Task item: Go to the line containing "serve_all [] a = a" in the records below and print it and every following line exactly, on through the line containing "healthy = db_ok;", then stop.
↓↓↓
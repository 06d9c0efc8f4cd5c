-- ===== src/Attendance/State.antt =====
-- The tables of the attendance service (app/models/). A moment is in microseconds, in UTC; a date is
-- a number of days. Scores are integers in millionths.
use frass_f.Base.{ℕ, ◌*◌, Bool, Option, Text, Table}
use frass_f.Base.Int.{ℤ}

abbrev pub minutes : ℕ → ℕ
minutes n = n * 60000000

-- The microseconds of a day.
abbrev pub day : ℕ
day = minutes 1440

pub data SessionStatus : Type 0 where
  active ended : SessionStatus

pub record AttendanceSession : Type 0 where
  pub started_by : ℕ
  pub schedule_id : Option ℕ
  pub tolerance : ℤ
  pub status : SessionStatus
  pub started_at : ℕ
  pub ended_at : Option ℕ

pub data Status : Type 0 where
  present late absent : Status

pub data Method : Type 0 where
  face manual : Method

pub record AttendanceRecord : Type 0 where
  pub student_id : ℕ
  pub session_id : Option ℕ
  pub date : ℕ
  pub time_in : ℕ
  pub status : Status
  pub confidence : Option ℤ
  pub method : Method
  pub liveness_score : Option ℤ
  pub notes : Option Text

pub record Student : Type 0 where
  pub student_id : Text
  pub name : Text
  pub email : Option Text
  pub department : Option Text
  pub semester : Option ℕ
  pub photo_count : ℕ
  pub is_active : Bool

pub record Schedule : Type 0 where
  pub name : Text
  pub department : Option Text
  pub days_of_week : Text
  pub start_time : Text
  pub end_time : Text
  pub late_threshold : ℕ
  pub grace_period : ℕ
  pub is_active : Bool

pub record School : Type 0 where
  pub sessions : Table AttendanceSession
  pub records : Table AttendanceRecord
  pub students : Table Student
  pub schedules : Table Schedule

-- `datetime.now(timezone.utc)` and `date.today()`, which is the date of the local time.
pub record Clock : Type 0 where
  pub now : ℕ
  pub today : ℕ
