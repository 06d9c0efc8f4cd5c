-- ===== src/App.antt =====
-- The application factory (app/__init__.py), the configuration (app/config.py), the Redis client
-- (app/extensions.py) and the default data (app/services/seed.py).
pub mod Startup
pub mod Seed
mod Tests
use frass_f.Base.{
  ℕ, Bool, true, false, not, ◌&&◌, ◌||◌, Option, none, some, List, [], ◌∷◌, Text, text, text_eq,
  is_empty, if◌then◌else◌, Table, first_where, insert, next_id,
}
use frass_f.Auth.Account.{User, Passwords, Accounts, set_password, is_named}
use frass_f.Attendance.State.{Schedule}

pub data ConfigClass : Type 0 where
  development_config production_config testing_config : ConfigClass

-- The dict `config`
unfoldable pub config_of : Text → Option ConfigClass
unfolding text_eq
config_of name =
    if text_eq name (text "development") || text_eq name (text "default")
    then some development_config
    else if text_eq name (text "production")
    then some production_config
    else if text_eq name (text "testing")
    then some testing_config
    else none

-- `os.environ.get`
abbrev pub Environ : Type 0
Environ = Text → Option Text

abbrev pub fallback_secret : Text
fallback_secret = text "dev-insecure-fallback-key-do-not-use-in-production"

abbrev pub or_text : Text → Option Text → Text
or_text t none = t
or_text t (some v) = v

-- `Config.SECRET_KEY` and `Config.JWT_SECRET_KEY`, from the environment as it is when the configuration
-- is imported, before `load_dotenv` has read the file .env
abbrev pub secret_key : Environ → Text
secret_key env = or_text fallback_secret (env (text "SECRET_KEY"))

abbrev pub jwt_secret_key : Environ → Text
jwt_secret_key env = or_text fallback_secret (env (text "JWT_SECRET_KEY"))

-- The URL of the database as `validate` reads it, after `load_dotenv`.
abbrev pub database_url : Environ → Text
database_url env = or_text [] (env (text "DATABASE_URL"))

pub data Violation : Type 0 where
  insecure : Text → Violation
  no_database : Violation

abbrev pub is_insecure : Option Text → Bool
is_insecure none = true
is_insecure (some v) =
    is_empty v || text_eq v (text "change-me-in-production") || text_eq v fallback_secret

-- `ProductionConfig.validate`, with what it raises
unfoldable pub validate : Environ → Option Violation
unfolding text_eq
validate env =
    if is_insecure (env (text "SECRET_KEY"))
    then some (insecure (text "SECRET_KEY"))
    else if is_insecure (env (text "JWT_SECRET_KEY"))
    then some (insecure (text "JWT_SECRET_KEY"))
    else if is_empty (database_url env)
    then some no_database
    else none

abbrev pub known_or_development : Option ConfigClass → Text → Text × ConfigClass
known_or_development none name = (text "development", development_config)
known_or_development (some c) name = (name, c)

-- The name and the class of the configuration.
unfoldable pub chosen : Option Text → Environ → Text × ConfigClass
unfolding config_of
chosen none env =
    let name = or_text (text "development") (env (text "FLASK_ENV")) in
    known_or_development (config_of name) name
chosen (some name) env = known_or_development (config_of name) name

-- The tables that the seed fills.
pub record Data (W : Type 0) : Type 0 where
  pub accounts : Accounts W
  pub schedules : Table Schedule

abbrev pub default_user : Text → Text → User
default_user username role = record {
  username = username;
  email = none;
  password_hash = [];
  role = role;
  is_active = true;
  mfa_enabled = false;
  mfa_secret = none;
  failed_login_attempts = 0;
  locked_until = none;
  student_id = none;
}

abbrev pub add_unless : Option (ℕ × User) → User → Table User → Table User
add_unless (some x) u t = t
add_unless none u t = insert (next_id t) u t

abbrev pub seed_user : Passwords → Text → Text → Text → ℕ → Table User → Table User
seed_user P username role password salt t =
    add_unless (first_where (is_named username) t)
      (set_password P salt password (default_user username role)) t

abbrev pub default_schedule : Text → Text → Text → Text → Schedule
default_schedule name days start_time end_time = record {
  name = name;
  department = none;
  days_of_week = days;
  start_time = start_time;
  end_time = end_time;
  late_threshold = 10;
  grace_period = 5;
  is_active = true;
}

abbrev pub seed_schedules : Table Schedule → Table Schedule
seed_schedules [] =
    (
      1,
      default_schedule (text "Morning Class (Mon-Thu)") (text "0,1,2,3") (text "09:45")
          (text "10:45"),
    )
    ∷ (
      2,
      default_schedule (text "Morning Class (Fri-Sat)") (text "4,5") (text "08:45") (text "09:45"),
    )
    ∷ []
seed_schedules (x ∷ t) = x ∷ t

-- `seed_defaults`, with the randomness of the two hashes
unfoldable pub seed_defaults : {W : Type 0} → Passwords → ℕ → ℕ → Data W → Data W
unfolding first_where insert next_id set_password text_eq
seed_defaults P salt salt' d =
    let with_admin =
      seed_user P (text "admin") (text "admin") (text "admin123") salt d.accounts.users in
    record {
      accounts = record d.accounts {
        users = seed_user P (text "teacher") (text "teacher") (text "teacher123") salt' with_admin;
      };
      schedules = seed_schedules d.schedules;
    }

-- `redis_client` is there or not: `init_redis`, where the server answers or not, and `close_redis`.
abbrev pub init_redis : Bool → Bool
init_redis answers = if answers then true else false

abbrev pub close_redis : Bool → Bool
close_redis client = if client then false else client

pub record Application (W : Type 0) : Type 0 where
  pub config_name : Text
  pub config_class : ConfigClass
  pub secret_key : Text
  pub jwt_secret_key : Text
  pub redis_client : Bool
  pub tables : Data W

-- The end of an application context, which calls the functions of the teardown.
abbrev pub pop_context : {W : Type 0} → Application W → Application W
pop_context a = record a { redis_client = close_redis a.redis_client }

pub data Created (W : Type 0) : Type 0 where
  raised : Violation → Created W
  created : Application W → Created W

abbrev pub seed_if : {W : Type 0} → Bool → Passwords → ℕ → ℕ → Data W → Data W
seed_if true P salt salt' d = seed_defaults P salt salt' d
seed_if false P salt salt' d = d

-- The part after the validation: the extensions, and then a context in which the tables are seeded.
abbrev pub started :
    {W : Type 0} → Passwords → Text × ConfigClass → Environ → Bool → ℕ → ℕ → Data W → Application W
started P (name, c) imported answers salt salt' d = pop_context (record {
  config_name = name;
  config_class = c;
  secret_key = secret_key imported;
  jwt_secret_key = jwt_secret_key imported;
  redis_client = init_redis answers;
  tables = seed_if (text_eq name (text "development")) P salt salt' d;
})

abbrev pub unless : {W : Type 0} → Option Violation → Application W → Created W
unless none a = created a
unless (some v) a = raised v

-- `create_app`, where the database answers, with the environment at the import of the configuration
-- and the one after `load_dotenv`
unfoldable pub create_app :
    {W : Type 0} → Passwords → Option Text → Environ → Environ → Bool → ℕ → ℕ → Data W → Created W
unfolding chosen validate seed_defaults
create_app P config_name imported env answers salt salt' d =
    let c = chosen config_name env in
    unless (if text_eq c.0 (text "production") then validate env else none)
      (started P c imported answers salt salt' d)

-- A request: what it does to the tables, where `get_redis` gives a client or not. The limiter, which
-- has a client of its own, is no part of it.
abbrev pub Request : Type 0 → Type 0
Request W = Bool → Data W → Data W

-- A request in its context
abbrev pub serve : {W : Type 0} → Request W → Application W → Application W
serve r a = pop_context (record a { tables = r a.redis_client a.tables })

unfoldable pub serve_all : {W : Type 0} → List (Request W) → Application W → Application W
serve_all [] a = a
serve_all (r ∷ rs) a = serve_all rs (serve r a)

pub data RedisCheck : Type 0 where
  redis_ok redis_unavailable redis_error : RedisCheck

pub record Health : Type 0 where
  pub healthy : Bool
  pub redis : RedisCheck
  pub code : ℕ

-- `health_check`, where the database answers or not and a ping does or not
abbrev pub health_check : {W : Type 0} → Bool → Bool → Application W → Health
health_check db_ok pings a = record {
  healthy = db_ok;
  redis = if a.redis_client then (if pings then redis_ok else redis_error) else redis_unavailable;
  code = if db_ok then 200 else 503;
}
↑↑↑
Task output:
serve_all [] a = a
serve_all (r ∷ rs) a = serve_all rs (serve r a)

pub data RedisCheck : Type 0 where
  redis_ok redis_unavailable redis_error : RedisCheck

pub record Health : Type 0 where
  pub healthy : Bool
  pub redis : RedisCheck
  pub code : ℕ

-- `health_check`, where the database answers or not and a ping does or not
abbrev pub health_check : {W : Type 0} → Bool → Bool → Application W → Health
health_check db_ok pings a = record {
  healthy = db_ok;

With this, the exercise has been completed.